What to work on: Scan the data below for the string "ended". Copy every line where it appears.
• • • • • • •
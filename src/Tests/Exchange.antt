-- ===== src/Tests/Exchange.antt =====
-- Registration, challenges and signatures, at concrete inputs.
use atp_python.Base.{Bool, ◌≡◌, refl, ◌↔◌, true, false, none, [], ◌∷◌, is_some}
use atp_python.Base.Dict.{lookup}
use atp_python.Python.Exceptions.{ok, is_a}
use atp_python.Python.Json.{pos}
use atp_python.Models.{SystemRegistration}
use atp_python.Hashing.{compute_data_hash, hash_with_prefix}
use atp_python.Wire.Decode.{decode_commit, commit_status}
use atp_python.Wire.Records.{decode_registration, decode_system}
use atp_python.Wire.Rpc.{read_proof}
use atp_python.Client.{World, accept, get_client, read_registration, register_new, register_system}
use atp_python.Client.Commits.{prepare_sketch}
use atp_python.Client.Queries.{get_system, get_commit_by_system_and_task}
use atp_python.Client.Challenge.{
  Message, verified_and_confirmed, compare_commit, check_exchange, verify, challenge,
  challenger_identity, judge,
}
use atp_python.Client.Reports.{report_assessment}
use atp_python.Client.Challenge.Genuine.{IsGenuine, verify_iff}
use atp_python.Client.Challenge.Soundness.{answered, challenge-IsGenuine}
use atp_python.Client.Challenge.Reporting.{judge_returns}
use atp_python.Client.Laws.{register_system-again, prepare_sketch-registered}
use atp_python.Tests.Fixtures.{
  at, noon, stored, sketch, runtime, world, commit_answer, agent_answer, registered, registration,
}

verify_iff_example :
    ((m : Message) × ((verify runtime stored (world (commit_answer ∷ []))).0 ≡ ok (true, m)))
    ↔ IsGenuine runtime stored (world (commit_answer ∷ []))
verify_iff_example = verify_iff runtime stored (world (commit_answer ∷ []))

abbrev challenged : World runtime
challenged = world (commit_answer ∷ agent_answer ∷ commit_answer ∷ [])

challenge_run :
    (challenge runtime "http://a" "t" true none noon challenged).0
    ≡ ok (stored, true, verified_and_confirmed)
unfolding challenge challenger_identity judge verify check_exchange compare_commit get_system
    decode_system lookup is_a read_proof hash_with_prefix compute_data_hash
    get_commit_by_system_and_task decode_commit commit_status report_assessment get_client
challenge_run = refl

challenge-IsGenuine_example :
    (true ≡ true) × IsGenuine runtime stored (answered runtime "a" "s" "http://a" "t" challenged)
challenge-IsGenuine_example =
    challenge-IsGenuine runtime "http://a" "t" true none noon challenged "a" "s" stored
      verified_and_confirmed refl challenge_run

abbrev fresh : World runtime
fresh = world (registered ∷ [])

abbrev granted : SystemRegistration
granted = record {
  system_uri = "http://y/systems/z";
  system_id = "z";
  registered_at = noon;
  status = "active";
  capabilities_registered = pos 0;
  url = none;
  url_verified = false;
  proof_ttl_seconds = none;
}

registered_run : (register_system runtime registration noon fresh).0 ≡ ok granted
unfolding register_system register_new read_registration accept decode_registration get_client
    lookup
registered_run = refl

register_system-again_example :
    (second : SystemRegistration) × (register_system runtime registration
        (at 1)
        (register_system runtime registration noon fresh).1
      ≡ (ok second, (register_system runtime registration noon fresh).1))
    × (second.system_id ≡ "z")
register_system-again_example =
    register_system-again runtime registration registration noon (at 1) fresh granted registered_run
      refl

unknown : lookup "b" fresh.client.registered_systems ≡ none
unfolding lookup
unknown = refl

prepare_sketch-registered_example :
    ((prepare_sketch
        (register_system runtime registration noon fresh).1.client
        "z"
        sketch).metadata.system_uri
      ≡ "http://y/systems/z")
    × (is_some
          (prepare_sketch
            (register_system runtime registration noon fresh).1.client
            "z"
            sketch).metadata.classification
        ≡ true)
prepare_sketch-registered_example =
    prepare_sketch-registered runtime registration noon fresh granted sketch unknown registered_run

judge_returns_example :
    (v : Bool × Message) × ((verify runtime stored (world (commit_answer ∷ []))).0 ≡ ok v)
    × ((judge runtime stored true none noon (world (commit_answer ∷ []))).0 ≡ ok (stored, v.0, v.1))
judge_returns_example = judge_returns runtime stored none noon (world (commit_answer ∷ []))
• • • • • • •
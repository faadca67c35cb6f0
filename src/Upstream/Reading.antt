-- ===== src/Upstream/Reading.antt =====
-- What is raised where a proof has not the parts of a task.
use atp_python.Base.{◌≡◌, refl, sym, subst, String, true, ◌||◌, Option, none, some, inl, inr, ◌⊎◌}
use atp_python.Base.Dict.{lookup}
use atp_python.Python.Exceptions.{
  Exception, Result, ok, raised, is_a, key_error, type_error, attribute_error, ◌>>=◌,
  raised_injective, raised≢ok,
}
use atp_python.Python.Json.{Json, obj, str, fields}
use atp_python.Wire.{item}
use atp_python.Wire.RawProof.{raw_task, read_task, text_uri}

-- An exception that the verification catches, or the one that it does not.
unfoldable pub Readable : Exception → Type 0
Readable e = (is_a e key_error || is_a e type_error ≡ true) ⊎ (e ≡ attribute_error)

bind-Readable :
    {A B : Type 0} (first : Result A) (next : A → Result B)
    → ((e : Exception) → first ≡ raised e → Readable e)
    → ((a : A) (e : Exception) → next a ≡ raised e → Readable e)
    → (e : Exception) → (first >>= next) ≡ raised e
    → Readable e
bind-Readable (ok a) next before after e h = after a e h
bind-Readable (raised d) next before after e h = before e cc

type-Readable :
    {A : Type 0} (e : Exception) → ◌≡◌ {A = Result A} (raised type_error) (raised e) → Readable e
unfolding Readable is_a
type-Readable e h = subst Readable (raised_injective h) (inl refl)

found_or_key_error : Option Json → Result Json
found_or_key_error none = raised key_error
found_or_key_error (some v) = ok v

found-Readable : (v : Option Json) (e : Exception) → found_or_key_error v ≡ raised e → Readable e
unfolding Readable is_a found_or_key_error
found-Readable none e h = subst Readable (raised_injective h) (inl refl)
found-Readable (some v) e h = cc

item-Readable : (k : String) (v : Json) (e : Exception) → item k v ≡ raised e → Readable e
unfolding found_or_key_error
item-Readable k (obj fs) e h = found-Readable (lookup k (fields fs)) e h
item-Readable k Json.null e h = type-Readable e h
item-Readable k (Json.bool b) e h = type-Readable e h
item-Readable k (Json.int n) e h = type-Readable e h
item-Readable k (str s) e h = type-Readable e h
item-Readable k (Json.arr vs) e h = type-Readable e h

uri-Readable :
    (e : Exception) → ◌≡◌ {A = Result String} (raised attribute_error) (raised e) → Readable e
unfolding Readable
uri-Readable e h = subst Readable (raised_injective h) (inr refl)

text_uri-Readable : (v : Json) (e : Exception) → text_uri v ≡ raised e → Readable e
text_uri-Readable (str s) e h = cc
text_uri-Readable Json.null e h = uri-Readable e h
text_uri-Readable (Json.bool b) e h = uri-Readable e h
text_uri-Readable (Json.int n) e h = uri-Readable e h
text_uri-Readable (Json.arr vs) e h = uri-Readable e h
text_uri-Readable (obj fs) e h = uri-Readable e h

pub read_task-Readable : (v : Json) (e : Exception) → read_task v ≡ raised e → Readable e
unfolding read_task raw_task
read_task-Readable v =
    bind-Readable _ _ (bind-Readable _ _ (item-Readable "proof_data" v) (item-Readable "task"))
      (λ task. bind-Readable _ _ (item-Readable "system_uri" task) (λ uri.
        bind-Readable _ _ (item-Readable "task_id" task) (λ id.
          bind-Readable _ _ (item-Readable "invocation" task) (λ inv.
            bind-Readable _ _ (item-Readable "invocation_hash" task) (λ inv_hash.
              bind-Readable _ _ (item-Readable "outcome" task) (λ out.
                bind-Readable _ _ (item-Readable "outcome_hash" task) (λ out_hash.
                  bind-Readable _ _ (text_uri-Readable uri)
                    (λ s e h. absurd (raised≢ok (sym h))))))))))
• • • • • • •
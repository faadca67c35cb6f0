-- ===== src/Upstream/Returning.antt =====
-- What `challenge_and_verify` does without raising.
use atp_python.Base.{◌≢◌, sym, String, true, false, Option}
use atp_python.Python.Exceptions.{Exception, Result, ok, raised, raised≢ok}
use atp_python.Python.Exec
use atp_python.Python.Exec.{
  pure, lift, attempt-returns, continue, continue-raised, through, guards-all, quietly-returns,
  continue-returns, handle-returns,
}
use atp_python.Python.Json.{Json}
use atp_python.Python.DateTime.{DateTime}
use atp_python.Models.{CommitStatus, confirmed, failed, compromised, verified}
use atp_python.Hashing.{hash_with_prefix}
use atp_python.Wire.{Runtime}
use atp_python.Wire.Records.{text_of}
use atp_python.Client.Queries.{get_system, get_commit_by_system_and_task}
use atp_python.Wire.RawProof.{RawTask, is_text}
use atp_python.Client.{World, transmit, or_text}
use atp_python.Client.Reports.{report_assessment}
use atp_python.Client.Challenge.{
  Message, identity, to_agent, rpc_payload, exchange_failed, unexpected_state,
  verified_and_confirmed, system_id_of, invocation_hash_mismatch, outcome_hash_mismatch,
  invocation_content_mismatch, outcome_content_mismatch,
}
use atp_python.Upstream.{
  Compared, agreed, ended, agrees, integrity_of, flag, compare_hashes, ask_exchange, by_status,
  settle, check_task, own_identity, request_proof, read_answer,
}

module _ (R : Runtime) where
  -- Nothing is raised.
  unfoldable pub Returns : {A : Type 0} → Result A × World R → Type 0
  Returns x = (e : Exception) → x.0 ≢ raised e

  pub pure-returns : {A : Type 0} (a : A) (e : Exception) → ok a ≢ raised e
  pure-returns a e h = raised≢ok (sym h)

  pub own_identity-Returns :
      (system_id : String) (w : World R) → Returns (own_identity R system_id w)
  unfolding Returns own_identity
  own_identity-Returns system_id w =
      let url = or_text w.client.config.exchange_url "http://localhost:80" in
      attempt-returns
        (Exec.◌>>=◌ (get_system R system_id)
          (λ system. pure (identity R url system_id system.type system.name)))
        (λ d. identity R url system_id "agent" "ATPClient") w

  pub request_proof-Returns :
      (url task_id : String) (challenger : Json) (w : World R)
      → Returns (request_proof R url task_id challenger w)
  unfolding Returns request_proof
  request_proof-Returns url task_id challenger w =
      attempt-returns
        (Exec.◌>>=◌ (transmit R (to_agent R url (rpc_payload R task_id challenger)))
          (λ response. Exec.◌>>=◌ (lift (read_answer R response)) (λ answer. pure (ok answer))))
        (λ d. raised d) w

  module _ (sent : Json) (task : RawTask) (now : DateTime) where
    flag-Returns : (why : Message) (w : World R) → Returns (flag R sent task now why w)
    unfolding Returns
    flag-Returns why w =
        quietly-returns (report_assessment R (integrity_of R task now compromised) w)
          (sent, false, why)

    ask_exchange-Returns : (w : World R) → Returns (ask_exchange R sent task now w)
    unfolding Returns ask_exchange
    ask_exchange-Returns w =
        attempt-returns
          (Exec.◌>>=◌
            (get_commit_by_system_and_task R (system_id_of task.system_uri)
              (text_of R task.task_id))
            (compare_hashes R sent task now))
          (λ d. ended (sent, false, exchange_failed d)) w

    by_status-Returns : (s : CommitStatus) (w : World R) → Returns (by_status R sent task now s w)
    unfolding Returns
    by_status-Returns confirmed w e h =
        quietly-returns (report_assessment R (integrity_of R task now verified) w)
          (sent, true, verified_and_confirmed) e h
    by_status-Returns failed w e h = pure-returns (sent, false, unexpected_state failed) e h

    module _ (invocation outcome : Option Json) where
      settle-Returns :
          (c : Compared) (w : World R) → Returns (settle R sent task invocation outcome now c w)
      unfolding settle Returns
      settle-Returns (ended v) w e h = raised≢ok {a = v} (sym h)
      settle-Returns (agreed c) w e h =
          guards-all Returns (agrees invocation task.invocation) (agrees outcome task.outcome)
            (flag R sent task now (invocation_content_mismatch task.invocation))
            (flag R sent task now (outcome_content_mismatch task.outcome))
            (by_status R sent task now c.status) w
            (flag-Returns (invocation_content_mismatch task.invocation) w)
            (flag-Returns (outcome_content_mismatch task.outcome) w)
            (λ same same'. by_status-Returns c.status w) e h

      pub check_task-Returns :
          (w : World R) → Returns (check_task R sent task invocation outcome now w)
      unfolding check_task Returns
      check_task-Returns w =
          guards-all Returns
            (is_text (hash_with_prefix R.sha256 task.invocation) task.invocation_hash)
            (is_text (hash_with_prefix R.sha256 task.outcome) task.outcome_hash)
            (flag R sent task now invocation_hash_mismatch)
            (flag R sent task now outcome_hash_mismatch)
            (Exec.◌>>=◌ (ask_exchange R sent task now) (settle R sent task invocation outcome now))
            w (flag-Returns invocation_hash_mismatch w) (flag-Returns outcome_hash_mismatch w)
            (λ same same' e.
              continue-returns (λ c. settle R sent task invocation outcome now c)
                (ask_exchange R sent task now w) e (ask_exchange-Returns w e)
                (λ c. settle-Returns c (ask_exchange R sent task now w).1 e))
• • • • • • •
Exercise result:
  Compared, agreed, ended, agrees, integrity_of, flag, compare_hashes, ask_exchange, by_status,
          (λ d. ended (sent, false, exchange_failed d)) w
      settle-Returns (ended v) w e h = raised≢ok {a = v} (sym h)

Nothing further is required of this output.